[Stored entries]
________________________________________

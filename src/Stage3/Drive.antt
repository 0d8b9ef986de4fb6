-- ===== src/Stage3/Drive.antt =====
-- stage3/floppy.c: the drive is started and calibrated, the DMA channel programmed, and the first
-- sector read twice as a test. The calls of `cmd_error` and `cmd_fail` pass the line as a number.
use toy_bootloader.Common.{ℕ, ◌+◌, ◌*◌, true, false, none, some, [], ◌∷◌, ◌==◌, if◌then◌else◌, u8}
use toy_bootloader.Machine.{Error, ErrT, Env, number, text, message, M, ◌>>=◌, ◌>>◌, hang}
use toy_bootloader.Serial.Defs.{printf}
use toy_bootloader.Dma.Defs.{
  single, increment, init_auto, transfer_read, dma_mask_channel, dma_unmask_channel,
  dma_reset_flipflop, dma_setup_address, dma_setup_count, dma_setup_page, dma_set_mode,
}
use toy_bootloader.Floppy.Types.{HeadParam, ReadSectorParams, CheckInterruptRes, ReadtrackRes}
use toy_bootloader.Floppy.Status.{fpy_write_dsr, fpy_motor_enable}
use toy_bootloader.Floppy.Irq.{fpy_setup_idt, fpy_wait_irq}
use toy_bootloader.Floppy.Commands.{
  fpy_cmd_check_version, fpy_cmd_fix_drive_data, fpy_cmd_configure, fpy_cmd_calibrate_drive,
  fpy_cmd_read_sector,
}
use toy_bootloader.Floppy.Read.{Chs, chs_of_lba}
use Prim.Native.String.{String}

abbrev pub fpy_dma_port : ℕ
fpy_dma_port = 2

module _ (env : Env) where
  unfoldable pub cmd_fail : String → ℕ → M (Unit {0})
  cmd_fail cmd line = printf env "| floppy : error `%s` (l.%u)\n" (text cmd ∷ number line ∷ [])

  unfoldable pub cmd_error : String → ℕ → Error → M (Unit {0})
  cmd_error cmd line err =
      printf env "| floppy : command `%s` failed (l.%u), got error : `%s`\n"
        (text cmd ∷ number line ∷ message err ∷ [])

  -- `LOG(STR)`: the whole line is one format.
  abbrev pub log : String → M (Unit {0})
  log line = printf env line []

  unfoldable pub floppy_dma : M (Unit {0})
  floppy_dma = do
    dma_mask_channel fpy_dma_port
    dma_reset_flipflop fpy_dma_port
    dma_setup_address fpy_dma_port 0x1000
    dma_reset_flipflop fpy_dma_port
    dma_setup_count fpy_dma_port 0x2FF
    dma_setup_page fpy_dma_port 0
    dma_unmask_channel fpy_dma_port
    log "| floppy : dma setup for floppy disk ok\n"

  unfoldable pub floppy_dma_setup_read : M (Unit {0})
  floppy_dma_setup_read = do
    dma_mask_channel fpy_dma_port
    dma_set_mode fpy_dma_port single increment init_auto transfer_read
    dma_unmask_channel fpy_dma_port
    log "| floppy : dma setup for read ok\n"

  -- `if ((err = p)) return CMD_ERROR(name, err);` followed by `k`.
  abbrev pub or_error : M ErrT → String → ℕ → M (Unit {0}) → M (Unit {0})
  or_error p name line k = p >>= λ e. elim e [ some x ↦ cmd_error name line x | none ↦ k ]

  abbrev pub head_params : ℕ → HeadParam
  head_params h = record { drive = env.props.drive_number; head_number = h }

module _ (env : Env) (fuel : ℕ) (r : CheckInterruptRes) (uninit : ReadtrackRes) where
  unfoldable pub floppy_init : M (Unit {0})
  floppy_init = do
    fpy_setup_idt
    or_error env (fpy_cmd_check_version env) "version" 61 do
      log env "| floppy : version ok\n"
      fpy_write_dsr 3
      fpy_motor_enable env
      or_error env
          (fpy_cmd_fix_drive_data env fuel
            (record { step_rate = 8; ndm = false; head_unload_time = 0; head_load_time = 5 }))
          "fix drive data" 76
          do
            log env "| floppy : fix drive data ok\n"
            or_error env
                (fpy_cmd_configure env fuel (record {
                  implied_seek_enable = true;
                  fifo_disable = false;
                  drive_polling_disable = true;
                  treshold_val = 1;
                  precomp_val = 0;
                }))
                "configure" 92
                do
                  log env "| floppy : configure ok\n"
                  log env "| floppy : start calibrate\n"
                  or_error env (fpy_cmd_calibrate_drive env fuel (head_params env 0))
                      "calibrate head" 107
                      (or_error env (fpy_wait_irq env fuel r) "wait_irq" 109 (
                        or_error env (fpy_cmd_calibrate_drive env fuel (head_params env 1))
                          "calibrate head" 112
                          (or_error env (fpy_wait_irq env fuel r) "wait_irq" 114
                            (log env "| floppy : calibrate head ok\n"))))

  abbrev pub test_params : Chs → ReadSectorParams
  test_params a = record {
    multitrack = true;
    double_density = true;
    skip_mode = false;
    drive = env.props.drive_number;
    head_number = u8 a.h;
    cylinder = u8 a.c;
    head = u8 a.h;
    sector = u8 a.s;
    sector_size = 2;
    track_length = 1;
    length_of_gap3 = 0x1b;
    data_length = 0xff;
  }

  unfoldable pub check_signature : M (Unit {0})
  check_signature = do
    floppy_sign ← λ m. some (m.mem 0x11FE + m.mem 0x11FF * 256, m)
    elim (floppy_sign == 0xaa55) [
      | false ↦ cmd_fail env "cannot read floppy disk signature" 150
      | true ↦ log env "| floppy : floppy disk signature check ok\n"
    ]

  unfoldable pub floppy_test : M (Unit {0})
  unfolding chs_of_lba check_signature
  floppy_test =
      let p = env.props in
      if p.max_head_number * p.max_sector_number == 0 then hang else do
        res ← fpy_cmd_read_sector env fuel r (test_params (chs_of_lba p 0)) uninit
        elim res.error [
          | some x ↦ cmd_error env "read_sector" 145 x
          | none ↦ do log env "| floppy : read_sector ok\n"; check_signature
        ]
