-- ===== src/Stage3/Dma.antt =====
-- What `floppy_dma` and `floppy_dma_setup_read` leave in the registers of DMA channel 2.
use toy_bootloader.Common.{ℕ, ap, ◌≡◌, refl, ◌∙◌, false, some, [], ◌∷◌, arith}
use toy_bootloader.Machine.{
  Trace, Event, inb, outb, idle, Env, Machine, do_outb, M, OnPort, Adds, Adds-invisible,
}
use toy_bootloader.Serial.Ports.{IsCom, printf-OnLine}
use toy_bootloader.Dma.Defs.{
  dma_mask_channel, dma_unmask_channel, dma_reset_flipflop, dma_setup_address, dma_setup_count,
  dma_setup_page, dma_set_mode,
}
use toy_bootloader.Dma.Chip.{Channel, channel, channel2}
use toy_bootloader.Floppy.Controller.{phase}
use toy_bootloader.Stage3.Drive.{floppy_dma, floppy_dma_setup_read}

pub channel2_com :
    (initial : Channel) {t t' : Trace} → Adds IsCom t t' → channel2 initial t' ≡ channel2 initial t
unfolding channel
channel2_com initial = Adds-invisible IsCom (channel2 initial) same
  where
    same : (e : Event) (t : Trace) → OnPort IsCom e → channel2 initial (e ∷ t) ≡ channel2 initial t
    same (inb p v) t h = refl
    same (outb p v) t h = ground arith
    same idle t h = refl

-- The controller does not see the console either.
pub phase_com : {t t' : Trace} → Adds IsCom t t' → phase t' ≡ phase t
unfolding phase
phase_com = Adds-invisible IsCom phase same
  where
    same : (e : Event) (t : Trace) → OnPort IsCom e → phase (e ∷ t) ≡ phase t
    same (inb p v) t h = ground (arith, h)
    same (outb p v) t h = ground (arith, h)
    same idle t h = refl

-- The function returns and changes nothing but the trace and the console's variable: the channel is
-- then `after`, and the controller's phase is as before.
pub record Sets (p : M (Unit {0})) (initial : Channel) (after : Channel → Channel) (m : Machine)
    : Type 0 where
  pub init : ℕ
  pub trace : Trace
  pub returns : p m ≡ some (tt, record m { is_init = init; trace = trace })
  pub channel : channel2 initial trace ≡ after (channel2 initial m.trace)
  pub phase : phase trace ≡ phase m.trace

abbrev pub addressed : Channel → Channel
addressed c = record c { high = false; addr = 0x1000; count = 0x2FF; page = 0; masked = false }

abbrev pub reading : Channel → Channel
reading c = record c { masked = false; mode = 0x15 }

pub floppy_dma-Sets :
    (env : Env) (initial : Channel) (m : Machine) → Sets (floppy_dma env) initial addressed m
unfolding floppy_dma do_outb channel phase dma_mask_channel dma_unmask_channel dma_reset_flipflop
    dma_setup_address dma_setup_count dma_setup_page
floppy_dma-Sets env initial m =
    let t =
      outb 0x0A 2
      ∷ outb 0x81 0
      ∷ outb 0x05 2
      ∷ outb 0x05 0xFF
      ∷ outb 0x0C 0xFF
      ∷ outb 0x04 0x10
      ∷ outb 0x04 0
      ∷ outb 0x0C 0xFF
      ∷ outb 0x0A 6
      ∷ m.trace in
    let line =
      printf-OnLine env "| floppy : dma setup for floppy disk ok\n" [] (record m { trace = t }) in
    record {
      init = line.init;
      trace = line.trace;
      returns = line.returns;
      channel = channel2_com initial line.adds ∙ ground arith;
      phase = phase_com line.adds;
    }

pub floppy_dma_setup_read-Sets :
    (env : Env) (initial : Channel) (m : Machine)
    → Sets (floppy_dma_setup_read env) initial reading m
unfolding floppy_dma_setup_read do_outb channel phase dma_mask_channel dma_unmask_channel
    dma_set_mode
floppy_dma_setup_read-Sets env initial m =
    let t = outb 0x0A 2 ∷ outb 0x0B 0x56 ∷ outb 0x0A 6 ∷ m.trace in
    let line = printf-OnLine env "| floppy : dma setup for read ok\n" [] (record m { trace = t }) in
    record {
      init = line.init;
      trace = line.trace;
      returns = line.returns;
      channel = channel2_com initial line.adds ∙ ground arith;
      phase = phase_com line.adds;
    }

-- From every state of the chip and of the machine `floppy_dma` returns, and channel 2 then transfers
-- 0x300 bytes from physical address 0x1000, page 0, and is not masked; its mode is what it was.
-- `floppy_dma_setup_read`, run next, returns, and the channel is then unmasked in the mode "single
-- transfer, upwards, automatic reload, from the device to memory" of the chip's manual, with address,
-- count and page as they were. Neither call is seen by the floppy controller.
pub floppy_dma_programs :
    (env : Env) (initial : Channel) (m : Machine)
    → let before = channel2 initial m.trace in
      (m1 m2 : Machine) × (floppy_dma env m ≡ some (tt, m1))
      × (channel2 initial m1.trace
          ≡ record before { high = false; addr = 0x1000; count = 0x2FF; page = 0; masked = false })
      × (floppy_dma_setup_read env m1 ≡ some (tt, m2))
      × (channel2 initial m2.trace ≡ record {
        high = false;
        addr = 0x1000;
        count = 0x2FF;
        page = 0;
        masked = false;
        mode = 0x15;
      })
      × (phase m2.trace ≡ phase m.trace)
floppy_dma_programs env initial m =
    let d = floppy_dma-Sets env initial m in
    let m1 = record m { is_init = d.init; trace = d.trace } in
    let e = floppy_dma_setup_read-Sets env initial m1 in
    (
      m1,
      record m1 { is_init = e.init; trace = e.trace },
      d.returns,
      d.channel,
      e.returns,
      e.channel ∙ ap reading d.channel,
      e.phase ∙ d.phase,
    )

________________________________________

Task objective -> Retype exactly, and only, the lines above from the one where "floppy_dma = do" occurs up to and including the one where "(head_params env 1))" occurs.

Answer box ->
  floppy_dma = do
    dma_mask_channel fpy_dma_port
    dma_reset_flipflop fpy_dma_port
    dma_setup_address fpy_dma_port 0x1000
    dma_reset_flipflop fpy_dma_port
    dma_setup_count fpy_dma_port 0x2FF
    dma_setup_page fpy_dma_port 0
    dma_unmask_channel fpy_dma_port
    log "| floppy : dma setup for floppy disk ok\n"

  unfoldable pub floppy_dma_setup_read : M (Unit {0})
  floppy_dma_setup_read = do
    dma_mask_channel fpy_dma_port
    dma_set_mode fpy_dma_port single increment init_auto transfer_read
    dma_unmask_channel fpy_dma_port
    log "| floppy : dma setup for read ok\n"

  -- `if ((err = p)) return CMD_ERROR(name, err);` followed by `k`.
  abbrev pub or_error : M ErrT → String → ℕ → M (Unit {0}) → M (Unit {0})
  or_error p name line k = p >>= λ e. elim e [ some x ↦ cmd_error name line x | none ↦ k ]

  abbrev pub head_params : ℕ → HeadParam
  head_params h = record { drive = env.props.drive_number; head_number = h }

module _ (env : Env) (fuel : ℕ) (r : CheckInterruptRes) (uninit : ReadtrackRes) where
  unfoldable pub floppy_init : M (Unit {0})
  floppy_init = do
    fpy_setup_idt
    or_error env (fpy_cmd_check_version env) "version" 61 do
      log env "| floppy : version ok\n"
      fpy_write_dsr 3
      fpy_motor_enable env
      or_error env
          (fpy_cmd_fix_drive_data env fuel
            (record { step_rate = 8; ndm = false; head_unload_time = 0; head_load_time = 5 }))
          "fix drive data" 76
          do
            log env "| floppy : fix drive data ok\n"
            or_error env
                (fpy_cmd_configure env fuel (record {
                  implied_seek_enable = true;
                  fifo_disable = false;
                  drive_polling_disable = true;
                  treshold_val = 1;
                  precomp_val = 0;
                }))
                "configure" 92
                do
                  log env "| floppy : configure ok\n"
                  log env "| floppy : start calibrate\n"
                  or_error env (fpy_cmd_calibrate_drive env fuel (head_params env 0))
                      "calibrate head" 107
                      (or_error env (fpy_wait_irq env fuel r) "wait_irq" 109 (
                        or_error env (fpy_cmd_calibrate_drive env fuel (head_params env 1))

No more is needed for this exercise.